[Stored data]
/---
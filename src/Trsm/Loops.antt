-- ===== src/Trsm/Loops.antt =====
-- The loops over the blocks: they end, and leave a solution in X.
pub mod Order
pub mod Forward
pub mod Backward
use mathlib.Core.Path.{subst}
use native.Mathlib.Nat.{div-add-mod', mod-lt}
use sycl_blas.Base.{
  if_yes, if_no, ℕ, zero, suc, ◌+◌, ◌-◌, ◌*◌, ◌/◌, ◌%◌, ◌<◌, ◌≤◌, ◌≡◌, ◌≢◌, ◌⊎◌, inl, inr, Bool,
  true, false, not, refl, sym, ◌∙◌, arith, if◌then◌else◌, leb, ltb, min, ◌==◌, ◌&&◌, ◌||◌,
  Bool-cases, Result, ok, ltb→lt, lt→ltb, le→ltb, ==_iff,
}
use sycl_blas.Base.Scalar.{Scalar, IsExact}
use sycl_blas.Views.{Store}
use sycl_blas.Gemm.Call.{GemmCall, IsGemm}
use sycl_blas.Gemm.Interface.Scaling.{IsMatrix}
use sycl_blas.Trsm.Calls.{System, k_, block_size, factor, solve_call, backward_call}
use sycl_blas.Trsm.{forward_ends, forward_loop, backward_loop, solve_blocks}
use sycl_blas.Trsm.Substitution.{none-IsPartly}
use sycl_blas.Trsm.Steps.Sides.{solve_step, forward_step, backward_step}
use sycl_blas.Trsm.Steps.{IsApart, equations, a_at, IsSolveStep}
use sycl_blas.Trsm.States.{
  triangle, IsState, IsSolution, HasInverses, target, state-IsSolution, last-IsSolution,
  next-IsState,
}
use sycl_blas.Trsm.Loops.Order.{
  leb_yes, leb_no, ltb→le, leb→le, leb→gt, forward_same, backward_same,
}
use sycl_blas.Trsm.Loops.Forward.{forward_loop_lem}
use sycl_blas.Trsm.Loops.Backward.{backward_loop_lem}

-- The last block, which may be a smaller one.
special_lem :
    (k : ℕ)
    → 0 < k
    → (block : ℕ) × (k - (if k % 16 == 0 then 16 else k % 16) ≡ block * 16)
      × ((if k % 16 == 0 then 16 else k % 16)
          ≡ min (k - (k - (if k % 16 == 0 then 16 else k % 16))) 16)
      × (0 < (if k % 16 == 0 then 16 else k % 16))
      × ((if k % 16 == 0 then 16 else k % 16) ≤ k)
special_lem k h = elim (Bool-cases (k % 16 == 0)) [
  | inl e ↦
      let none = (==_iff (k % 16) 0).0 e in
      let whole = div-add-mod' k 16 in
      rw e (k / 16 - 1, omega arith, omega arith, omega arith, omega arith)
  | inr e ↦
      let some_left : k % 16 ≢ 0 = λ z. cc (sym e ∙ (==_iff (k % 16) 0).1 z) in
      let whole = div-add-mod' k 16 in
      let small : k % 16 < 16 = mod-lt k (omega arith) in
      rw e (k / 16, omega arith, omega arith, omega arith, omega arith)
]

-- Whether the loop of a system goes up.
abbrev pub goes_up {ℓ} : {A : Type ℓ} → System A → Bool
goes_up t =
    let op_lower = t.is_upper && t.is_transpose || not t.is_upper && not t.is_transpose in
    if t.is_left then op_lower else not op_lower

module _ {ℓ} {A : Type ℓ} {s : Scalar A} (exact : IsExact s) (t : System A)
    {run : GemmCall A → Store A → Result (Store A)} (gemm : IsGemm exact run)
    (add-neg : (x : A) → s.add x (s.neg x) ≡ s.zero) (x_matrix : IsMatrix t.x_ t.m t.n t.ldb)
    (b_matrix : IsMatrix t.b_ t.m t.n t.ldb) (apart : IsApart t) (start : Store A) where
  start-IsState :
      (up : Bool) (done : ℕ → Bool)
      → ((c : ℕ) → c < equations t.is_left t → done c ≡ false)
      → IsState exact t up start done true start
  start-IsState up done none = record {
    partly = λ q hq.
        none-IsPartly exact (equations t.is_left t) (triangle s t up start)
          (target exact t up start q) done _ _ none (λ row hr. refl);
    kept = λ b x ne ne'. refl;
  }

  -- `specialBlockSize`
  abbrev special : ℕ
  special = if k_ s t % block_size == 0 then block_size else k_ s t % block_size

  loops_lem :
      (up : Bool)
      → 0 < equations t.is_left t
      → HasInverses exact t up start
      → (out : Store A) × ((if up
            then forward_loop s t run (k_ s t) 0 start
            else backward_loop s t run (k_ s t) (k_ s t - special) special (k_ s t - special) start)
          ≡ ok out)
        × IsSolution exact t up start out
  loops_lem true some_rows inverses =
      forward_loop_lem exact t gemm add-neg x_matrix b_matrix apart start inverses (k_ s t) 0 0 true
        start (omega arith) (omega arith) (omega arith) refl
        (start-IsState true _ (λ c hc. le→ltb c 0 (omega arith)))
  loops_lem false some_rows inverses =
      let w = special_lem (k_ s t) some_rows in
      backward_loop_lem exact t gemm add-neg x_matrix b_matrix apart start inverses (k_ s t)
        (k_ s t - special) special w.0 (k_ s t - special) special true start w.1
        (omega (arith, w.3, w.4)) (omega (arith, w.3, w.4)) (omega arith) w.2
        ((==_iff (k_ s t - special) _).1 refl) refl
        (start-IsState false _
          (λ c hc. leb_no (k_ s t - special + special) c (omega (arith, w.3, w.4))))

  pub solve_blocks_lem :
      0 < equations t.is_left t
      → HasInverses exact t (goes_up t) start
      → (out : Store A) × (solve_blocks s t run start ≡ ok out)
        × IsSolution exact t (goes_up t) start out
  unfolding solve_blocks
  solve_blocks_lem = loops_lem (goes_up t)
\---
WHAT IS NEEDED | Retype the records above, but only those lines that fall between the line containing "let w = special_lem" and the line containing "(k_ s t - special) special w.0", with both of those lines included, exactly as written.

FINISHED TASK |
      let w = special_lem (k_ s t) some_rows in
      backward_loop_lem exact t gemm add-neg x_matrix b_matrix apart start inverses (k_ s t)
        (k_ s t - special) special w.0 (k_ s t - special) special true start w.1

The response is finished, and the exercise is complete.